**YOUR ASSIGNMENT:** Report the number of lines in these entries that contain "than". Write only the number.

Data entries
# # # #

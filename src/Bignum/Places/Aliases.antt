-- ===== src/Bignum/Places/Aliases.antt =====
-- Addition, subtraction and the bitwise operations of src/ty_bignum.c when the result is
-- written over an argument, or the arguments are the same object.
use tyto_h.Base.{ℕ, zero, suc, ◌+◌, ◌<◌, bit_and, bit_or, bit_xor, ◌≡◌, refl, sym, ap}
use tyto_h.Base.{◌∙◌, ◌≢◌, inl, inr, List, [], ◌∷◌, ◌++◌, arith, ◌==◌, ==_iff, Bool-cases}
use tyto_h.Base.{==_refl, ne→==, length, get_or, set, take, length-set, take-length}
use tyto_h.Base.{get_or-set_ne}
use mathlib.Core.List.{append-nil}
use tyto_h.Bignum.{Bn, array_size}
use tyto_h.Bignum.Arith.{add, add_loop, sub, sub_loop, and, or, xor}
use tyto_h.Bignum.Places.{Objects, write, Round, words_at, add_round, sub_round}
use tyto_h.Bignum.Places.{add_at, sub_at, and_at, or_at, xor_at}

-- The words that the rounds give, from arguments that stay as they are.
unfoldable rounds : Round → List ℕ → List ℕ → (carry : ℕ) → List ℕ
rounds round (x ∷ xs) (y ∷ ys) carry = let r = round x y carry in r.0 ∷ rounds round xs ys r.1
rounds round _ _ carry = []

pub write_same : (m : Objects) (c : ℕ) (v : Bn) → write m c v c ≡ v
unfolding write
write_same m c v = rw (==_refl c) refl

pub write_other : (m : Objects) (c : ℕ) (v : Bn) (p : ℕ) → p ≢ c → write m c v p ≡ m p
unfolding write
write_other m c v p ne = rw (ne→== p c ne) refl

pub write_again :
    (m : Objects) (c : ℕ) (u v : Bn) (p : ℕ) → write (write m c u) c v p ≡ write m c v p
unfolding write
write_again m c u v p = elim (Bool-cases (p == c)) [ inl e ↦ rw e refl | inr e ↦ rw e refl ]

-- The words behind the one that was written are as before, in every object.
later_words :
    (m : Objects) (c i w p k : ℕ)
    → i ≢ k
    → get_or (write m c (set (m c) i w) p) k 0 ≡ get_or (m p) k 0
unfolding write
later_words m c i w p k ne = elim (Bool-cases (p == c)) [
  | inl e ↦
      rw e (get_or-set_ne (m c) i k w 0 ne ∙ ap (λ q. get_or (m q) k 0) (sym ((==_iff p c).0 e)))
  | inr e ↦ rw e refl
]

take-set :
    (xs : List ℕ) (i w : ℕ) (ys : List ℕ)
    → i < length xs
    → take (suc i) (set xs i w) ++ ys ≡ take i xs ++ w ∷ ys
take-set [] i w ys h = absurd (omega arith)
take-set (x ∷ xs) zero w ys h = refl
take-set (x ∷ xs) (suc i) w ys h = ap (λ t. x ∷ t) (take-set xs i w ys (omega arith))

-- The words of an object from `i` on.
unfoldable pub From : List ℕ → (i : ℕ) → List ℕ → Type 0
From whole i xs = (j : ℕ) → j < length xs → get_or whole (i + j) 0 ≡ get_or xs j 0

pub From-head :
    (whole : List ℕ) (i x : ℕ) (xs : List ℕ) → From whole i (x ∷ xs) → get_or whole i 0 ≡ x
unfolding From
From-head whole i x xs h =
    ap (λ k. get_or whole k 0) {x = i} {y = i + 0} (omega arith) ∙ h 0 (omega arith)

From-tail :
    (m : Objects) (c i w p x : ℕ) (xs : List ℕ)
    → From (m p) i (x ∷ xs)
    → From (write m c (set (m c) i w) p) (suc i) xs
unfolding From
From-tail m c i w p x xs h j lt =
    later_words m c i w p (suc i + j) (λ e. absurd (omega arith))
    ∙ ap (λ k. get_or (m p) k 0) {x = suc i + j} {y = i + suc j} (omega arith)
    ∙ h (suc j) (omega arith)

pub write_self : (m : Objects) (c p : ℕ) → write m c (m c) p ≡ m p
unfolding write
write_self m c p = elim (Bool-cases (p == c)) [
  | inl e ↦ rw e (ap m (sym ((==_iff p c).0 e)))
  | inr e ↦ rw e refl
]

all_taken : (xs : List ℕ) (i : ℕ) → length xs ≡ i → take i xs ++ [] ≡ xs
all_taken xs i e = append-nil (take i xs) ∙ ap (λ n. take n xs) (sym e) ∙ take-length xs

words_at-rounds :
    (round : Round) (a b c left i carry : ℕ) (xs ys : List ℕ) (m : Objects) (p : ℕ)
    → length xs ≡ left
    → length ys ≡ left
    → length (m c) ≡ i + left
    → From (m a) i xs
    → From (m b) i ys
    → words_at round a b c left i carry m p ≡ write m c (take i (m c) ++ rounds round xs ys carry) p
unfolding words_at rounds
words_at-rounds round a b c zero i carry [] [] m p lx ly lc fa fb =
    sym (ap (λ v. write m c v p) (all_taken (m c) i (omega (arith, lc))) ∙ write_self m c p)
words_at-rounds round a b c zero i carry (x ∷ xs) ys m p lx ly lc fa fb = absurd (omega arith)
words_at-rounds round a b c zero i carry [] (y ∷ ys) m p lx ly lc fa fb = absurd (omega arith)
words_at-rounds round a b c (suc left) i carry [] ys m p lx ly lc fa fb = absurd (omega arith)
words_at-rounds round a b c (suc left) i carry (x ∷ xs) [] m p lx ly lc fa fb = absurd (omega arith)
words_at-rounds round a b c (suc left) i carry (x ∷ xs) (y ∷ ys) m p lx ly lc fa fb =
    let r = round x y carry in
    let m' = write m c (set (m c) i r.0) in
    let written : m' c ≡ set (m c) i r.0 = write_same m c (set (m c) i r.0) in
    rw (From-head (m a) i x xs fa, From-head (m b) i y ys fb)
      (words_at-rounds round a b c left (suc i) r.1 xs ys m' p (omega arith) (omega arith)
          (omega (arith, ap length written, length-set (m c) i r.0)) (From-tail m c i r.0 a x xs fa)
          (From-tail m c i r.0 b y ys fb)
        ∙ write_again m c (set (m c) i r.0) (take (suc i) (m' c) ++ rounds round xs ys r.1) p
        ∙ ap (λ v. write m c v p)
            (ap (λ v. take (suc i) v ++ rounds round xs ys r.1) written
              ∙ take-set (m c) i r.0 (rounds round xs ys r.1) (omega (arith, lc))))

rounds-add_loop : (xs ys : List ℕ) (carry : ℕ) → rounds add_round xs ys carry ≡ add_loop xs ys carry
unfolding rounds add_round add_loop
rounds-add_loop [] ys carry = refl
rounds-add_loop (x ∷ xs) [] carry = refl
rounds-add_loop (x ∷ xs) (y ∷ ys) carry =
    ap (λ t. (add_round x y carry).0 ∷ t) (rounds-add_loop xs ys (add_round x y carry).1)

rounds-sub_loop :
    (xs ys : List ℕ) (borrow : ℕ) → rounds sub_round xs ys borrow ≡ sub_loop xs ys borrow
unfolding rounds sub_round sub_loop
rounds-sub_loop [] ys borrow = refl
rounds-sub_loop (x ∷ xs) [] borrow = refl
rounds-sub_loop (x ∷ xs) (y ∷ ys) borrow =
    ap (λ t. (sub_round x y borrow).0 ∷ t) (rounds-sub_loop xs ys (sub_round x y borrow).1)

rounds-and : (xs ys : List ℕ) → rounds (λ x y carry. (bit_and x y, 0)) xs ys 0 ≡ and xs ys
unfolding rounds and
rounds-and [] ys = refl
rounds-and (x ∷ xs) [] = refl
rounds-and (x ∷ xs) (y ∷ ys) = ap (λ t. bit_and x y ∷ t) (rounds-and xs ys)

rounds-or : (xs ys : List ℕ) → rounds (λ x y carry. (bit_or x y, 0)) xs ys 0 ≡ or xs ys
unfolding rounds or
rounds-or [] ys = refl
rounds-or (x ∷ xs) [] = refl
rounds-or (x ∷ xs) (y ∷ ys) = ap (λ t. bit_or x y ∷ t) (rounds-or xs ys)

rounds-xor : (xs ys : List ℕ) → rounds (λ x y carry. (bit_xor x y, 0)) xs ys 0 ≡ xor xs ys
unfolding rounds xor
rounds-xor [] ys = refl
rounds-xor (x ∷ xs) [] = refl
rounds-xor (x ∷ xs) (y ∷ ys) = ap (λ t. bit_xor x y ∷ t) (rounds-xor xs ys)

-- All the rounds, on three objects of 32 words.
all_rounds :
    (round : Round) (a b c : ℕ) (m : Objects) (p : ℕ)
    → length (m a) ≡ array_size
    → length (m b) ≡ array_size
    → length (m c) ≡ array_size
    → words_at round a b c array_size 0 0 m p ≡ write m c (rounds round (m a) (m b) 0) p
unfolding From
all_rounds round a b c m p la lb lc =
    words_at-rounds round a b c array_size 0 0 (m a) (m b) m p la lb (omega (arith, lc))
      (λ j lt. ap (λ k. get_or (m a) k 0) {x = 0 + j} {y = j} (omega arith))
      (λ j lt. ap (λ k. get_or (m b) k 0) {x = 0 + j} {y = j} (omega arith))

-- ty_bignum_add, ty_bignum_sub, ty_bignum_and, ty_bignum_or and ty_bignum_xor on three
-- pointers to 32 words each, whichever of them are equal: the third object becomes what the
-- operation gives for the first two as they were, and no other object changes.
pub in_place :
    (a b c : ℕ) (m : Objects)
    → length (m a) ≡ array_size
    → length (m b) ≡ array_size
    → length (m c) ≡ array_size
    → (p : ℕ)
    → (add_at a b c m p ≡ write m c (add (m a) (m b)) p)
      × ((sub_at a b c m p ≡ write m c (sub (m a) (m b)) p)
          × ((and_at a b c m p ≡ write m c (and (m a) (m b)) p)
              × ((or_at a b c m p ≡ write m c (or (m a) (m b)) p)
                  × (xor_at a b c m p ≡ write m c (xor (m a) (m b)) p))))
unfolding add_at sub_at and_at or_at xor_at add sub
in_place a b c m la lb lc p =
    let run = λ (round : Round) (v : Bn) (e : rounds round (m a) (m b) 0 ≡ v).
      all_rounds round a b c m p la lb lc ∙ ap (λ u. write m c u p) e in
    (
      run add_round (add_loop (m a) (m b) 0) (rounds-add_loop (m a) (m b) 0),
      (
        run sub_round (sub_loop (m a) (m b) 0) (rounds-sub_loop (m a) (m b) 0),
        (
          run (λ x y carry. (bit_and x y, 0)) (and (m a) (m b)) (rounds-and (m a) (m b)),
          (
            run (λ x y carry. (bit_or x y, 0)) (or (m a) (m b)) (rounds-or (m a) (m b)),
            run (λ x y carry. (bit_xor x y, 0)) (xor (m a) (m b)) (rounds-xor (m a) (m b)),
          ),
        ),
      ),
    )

# # # #

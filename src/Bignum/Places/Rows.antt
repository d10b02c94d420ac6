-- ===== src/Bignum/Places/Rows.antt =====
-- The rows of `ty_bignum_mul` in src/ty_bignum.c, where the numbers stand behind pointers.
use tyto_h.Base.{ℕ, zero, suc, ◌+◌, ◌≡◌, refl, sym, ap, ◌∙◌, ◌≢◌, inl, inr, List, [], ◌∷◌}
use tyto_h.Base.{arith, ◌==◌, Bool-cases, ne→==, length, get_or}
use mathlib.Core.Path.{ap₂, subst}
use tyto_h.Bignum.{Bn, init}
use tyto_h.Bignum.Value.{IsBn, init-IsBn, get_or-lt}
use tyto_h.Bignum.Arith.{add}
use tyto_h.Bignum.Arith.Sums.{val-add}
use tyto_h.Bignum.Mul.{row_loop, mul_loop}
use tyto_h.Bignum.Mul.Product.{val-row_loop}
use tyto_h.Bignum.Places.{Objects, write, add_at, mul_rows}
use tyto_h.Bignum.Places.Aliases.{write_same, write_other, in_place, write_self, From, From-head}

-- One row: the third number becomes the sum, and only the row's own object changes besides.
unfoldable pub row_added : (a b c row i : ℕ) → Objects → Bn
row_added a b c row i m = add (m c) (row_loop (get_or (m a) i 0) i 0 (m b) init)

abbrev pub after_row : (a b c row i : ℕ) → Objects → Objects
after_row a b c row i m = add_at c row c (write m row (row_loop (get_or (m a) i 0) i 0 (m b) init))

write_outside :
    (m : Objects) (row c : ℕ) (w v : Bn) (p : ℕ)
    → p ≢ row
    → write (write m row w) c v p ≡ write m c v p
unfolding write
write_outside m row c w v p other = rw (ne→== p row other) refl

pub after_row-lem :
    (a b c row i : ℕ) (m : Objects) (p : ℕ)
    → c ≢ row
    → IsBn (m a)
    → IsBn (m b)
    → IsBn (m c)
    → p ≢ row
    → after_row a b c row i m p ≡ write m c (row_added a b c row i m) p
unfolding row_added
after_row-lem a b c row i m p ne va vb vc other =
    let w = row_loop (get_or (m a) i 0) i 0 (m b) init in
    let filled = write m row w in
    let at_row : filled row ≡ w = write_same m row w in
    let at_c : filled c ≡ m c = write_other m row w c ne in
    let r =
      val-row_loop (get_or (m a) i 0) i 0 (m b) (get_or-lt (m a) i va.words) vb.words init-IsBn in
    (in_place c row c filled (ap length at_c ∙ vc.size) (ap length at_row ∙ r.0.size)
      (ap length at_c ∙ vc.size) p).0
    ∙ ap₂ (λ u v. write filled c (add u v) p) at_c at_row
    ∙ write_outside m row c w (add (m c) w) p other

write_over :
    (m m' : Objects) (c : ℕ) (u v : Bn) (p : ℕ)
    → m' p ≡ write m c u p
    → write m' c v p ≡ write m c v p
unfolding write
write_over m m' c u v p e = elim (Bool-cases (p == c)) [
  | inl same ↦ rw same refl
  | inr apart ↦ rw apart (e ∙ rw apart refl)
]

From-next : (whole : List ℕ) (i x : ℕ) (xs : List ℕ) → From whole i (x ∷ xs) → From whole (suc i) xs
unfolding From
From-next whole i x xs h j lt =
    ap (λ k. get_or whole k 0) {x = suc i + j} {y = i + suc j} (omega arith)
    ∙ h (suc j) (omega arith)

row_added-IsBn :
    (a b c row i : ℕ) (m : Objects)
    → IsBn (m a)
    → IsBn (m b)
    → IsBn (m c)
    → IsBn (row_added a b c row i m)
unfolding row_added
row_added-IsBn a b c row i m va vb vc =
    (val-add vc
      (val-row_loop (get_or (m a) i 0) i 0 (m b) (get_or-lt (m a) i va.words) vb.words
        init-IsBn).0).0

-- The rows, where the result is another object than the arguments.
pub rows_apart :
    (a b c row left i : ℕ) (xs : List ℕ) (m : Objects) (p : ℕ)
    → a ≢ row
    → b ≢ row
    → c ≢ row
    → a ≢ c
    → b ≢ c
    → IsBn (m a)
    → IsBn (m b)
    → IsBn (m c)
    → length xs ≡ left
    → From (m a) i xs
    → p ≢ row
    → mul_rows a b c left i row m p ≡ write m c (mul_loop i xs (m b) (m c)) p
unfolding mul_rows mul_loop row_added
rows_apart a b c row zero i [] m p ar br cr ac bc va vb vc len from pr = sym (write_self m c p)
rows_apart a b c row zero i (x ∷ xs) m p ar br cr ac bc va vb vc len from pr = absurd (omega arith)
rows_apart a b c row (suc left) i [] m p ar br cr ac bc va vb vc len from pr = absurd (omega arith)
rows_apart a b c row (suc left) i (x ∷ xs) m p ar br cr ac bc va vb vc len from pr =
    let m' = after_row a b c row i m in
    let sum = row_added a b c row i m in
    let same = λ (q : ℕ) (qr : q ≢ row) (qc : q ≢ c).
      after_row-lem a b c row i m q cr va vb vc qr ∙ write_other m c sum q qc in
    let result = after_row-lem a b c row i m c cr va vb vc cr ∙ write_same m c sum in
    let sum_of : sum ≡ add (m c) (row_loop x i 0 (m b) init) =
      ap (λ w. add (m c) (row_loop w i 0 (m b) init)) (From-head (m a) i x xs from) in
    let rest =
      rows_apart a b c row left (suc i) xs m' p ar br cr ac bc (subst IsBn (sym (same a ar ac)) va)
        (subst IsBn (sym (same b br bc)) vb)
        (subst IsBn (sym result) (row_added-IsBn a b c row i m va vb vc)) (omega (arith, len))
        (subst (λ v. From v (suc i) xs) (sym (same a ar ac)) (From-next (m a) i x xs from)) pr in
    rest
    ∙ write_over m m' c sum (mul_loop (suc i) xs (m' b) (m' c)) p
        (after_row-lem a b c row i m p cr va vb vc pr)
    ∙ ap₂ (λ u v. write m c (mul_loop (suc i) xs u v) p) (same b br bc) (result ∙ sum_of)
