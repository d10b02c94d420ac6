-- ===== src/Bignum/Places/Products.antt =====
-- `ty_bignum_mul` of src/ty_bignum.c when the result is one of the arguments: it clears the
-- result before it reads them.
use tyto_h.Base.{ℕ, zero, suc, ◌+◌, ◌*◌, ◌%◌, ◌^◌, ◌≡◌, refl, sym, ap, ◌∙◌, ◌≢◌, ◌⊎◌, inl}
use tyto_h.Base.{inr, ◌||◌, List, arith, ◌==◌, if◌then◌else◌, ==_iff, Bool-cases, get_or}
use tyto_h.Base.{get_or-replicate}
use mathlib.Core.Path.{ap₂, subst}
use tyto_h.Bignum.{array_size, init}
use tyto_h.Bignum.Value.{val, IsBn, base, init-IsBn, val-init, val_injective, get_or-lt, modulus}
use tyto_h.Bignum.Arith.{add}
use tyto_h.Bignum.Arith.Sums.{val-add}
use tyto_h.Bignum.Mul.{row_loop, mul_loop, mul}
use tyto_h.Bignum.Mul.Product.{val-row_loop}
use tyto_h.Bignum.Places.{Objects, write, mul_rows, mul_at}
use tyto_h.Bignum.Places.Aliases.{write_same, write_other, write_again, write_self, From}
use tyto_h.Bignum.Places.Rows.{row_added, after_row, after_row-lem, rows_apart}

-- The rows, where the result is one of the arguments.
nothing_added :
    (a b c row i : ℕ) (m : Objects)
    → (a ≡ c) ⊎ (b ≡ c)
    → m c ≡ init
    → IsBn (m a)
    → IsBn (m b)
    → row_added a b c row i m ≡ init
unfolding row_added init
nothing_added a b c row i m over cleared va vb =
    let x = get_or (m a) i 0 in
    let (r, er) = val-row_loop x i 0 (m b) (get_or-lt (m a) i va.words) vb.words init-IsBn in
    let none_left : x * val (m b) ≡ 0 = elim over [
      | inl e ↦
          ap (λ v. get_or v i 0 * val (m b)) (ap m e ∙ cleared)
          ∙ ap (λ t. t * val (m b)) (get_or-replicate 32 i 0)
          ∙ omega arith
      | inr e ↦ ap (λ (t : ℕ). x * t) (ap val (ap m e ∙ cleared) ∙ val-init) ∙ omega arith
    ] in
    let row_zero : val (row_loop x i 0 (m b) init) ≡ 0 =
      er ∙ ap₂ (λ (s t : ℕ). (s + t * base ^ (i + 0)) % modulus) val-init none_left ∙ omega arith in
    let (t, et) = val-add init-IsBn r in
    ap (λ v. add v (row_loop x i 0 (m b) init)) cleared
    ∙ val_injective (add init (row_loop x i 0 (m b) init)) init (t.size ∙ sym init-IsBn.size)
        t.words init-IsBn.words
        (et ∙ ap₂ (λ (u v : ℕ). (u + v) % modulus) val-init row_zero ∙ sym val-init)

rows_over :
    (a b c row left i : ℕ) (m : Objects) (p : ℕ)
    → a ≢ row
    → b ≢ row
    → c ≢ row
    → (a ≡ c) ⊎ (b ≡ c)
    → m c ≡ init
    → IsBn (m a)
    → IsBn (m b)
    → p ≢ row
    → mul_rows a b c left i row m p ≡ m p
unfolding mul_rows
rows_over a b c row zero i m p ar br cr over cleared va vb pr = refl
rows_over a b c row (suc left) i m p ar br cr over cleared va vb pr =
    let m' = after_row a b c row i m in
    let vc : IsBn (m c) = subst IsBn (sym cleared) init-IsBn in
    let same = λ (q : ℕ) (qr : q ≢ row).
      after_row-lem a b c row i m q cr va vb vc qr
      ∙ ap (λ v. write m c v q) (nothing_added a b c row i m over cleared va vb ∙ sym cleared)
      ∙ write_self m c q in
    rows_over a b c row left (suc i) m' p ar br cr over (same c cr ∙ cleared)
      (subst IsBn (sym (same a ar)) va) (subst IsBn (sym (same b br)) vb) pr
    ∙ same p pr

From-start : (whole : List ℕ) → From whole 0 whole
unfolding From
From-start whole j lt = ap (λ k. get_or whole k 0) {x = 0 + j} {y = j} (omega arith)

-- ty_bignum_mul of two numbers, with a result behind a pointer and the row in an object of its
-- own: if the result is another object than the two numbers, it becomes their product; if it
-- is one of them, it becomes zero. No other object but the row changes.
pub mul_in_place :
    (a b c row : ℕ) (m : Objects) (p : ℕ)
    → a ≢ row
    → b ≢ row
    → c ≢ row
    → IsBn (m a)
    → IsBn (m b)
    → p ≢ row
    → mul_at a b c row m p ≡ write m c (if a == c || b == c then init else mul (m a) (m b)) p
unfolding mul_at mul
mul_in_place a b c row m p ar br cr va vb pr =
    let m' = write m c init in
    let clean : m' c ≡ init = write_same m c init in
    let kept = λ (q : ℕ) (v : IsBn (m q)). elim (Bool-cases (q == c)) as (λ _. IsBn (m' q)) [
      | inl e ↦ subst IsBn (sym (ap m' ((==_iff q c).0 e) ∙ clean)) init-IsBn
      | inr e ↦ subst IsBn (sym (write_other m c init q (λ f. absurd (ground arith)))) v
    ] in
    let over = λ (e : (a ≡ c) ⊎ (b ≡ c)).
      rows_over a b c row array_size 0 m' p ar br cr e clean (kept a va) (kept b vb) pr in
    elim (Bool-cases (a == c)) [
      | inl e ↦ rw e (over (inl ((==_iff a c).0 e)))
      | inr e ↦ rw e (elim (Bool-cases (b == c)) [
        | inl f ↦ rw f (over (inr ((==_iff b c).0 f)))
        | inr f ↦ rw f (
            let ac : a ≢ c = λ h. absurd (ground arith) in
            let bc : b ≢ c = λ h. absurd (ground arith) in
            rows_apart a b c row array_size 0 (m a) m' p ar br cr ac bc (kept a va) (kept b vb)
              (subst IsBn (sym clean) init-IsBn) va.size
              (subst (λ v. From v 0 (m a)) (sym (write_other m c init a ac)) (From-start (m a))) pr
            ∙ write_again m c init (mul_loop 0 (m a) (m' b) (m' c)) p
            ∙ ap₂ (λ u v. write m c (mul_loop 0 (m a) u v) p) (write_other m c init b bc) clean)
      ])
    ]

# # # #

**OUTPUT FOR THIS EXERCISE:** 2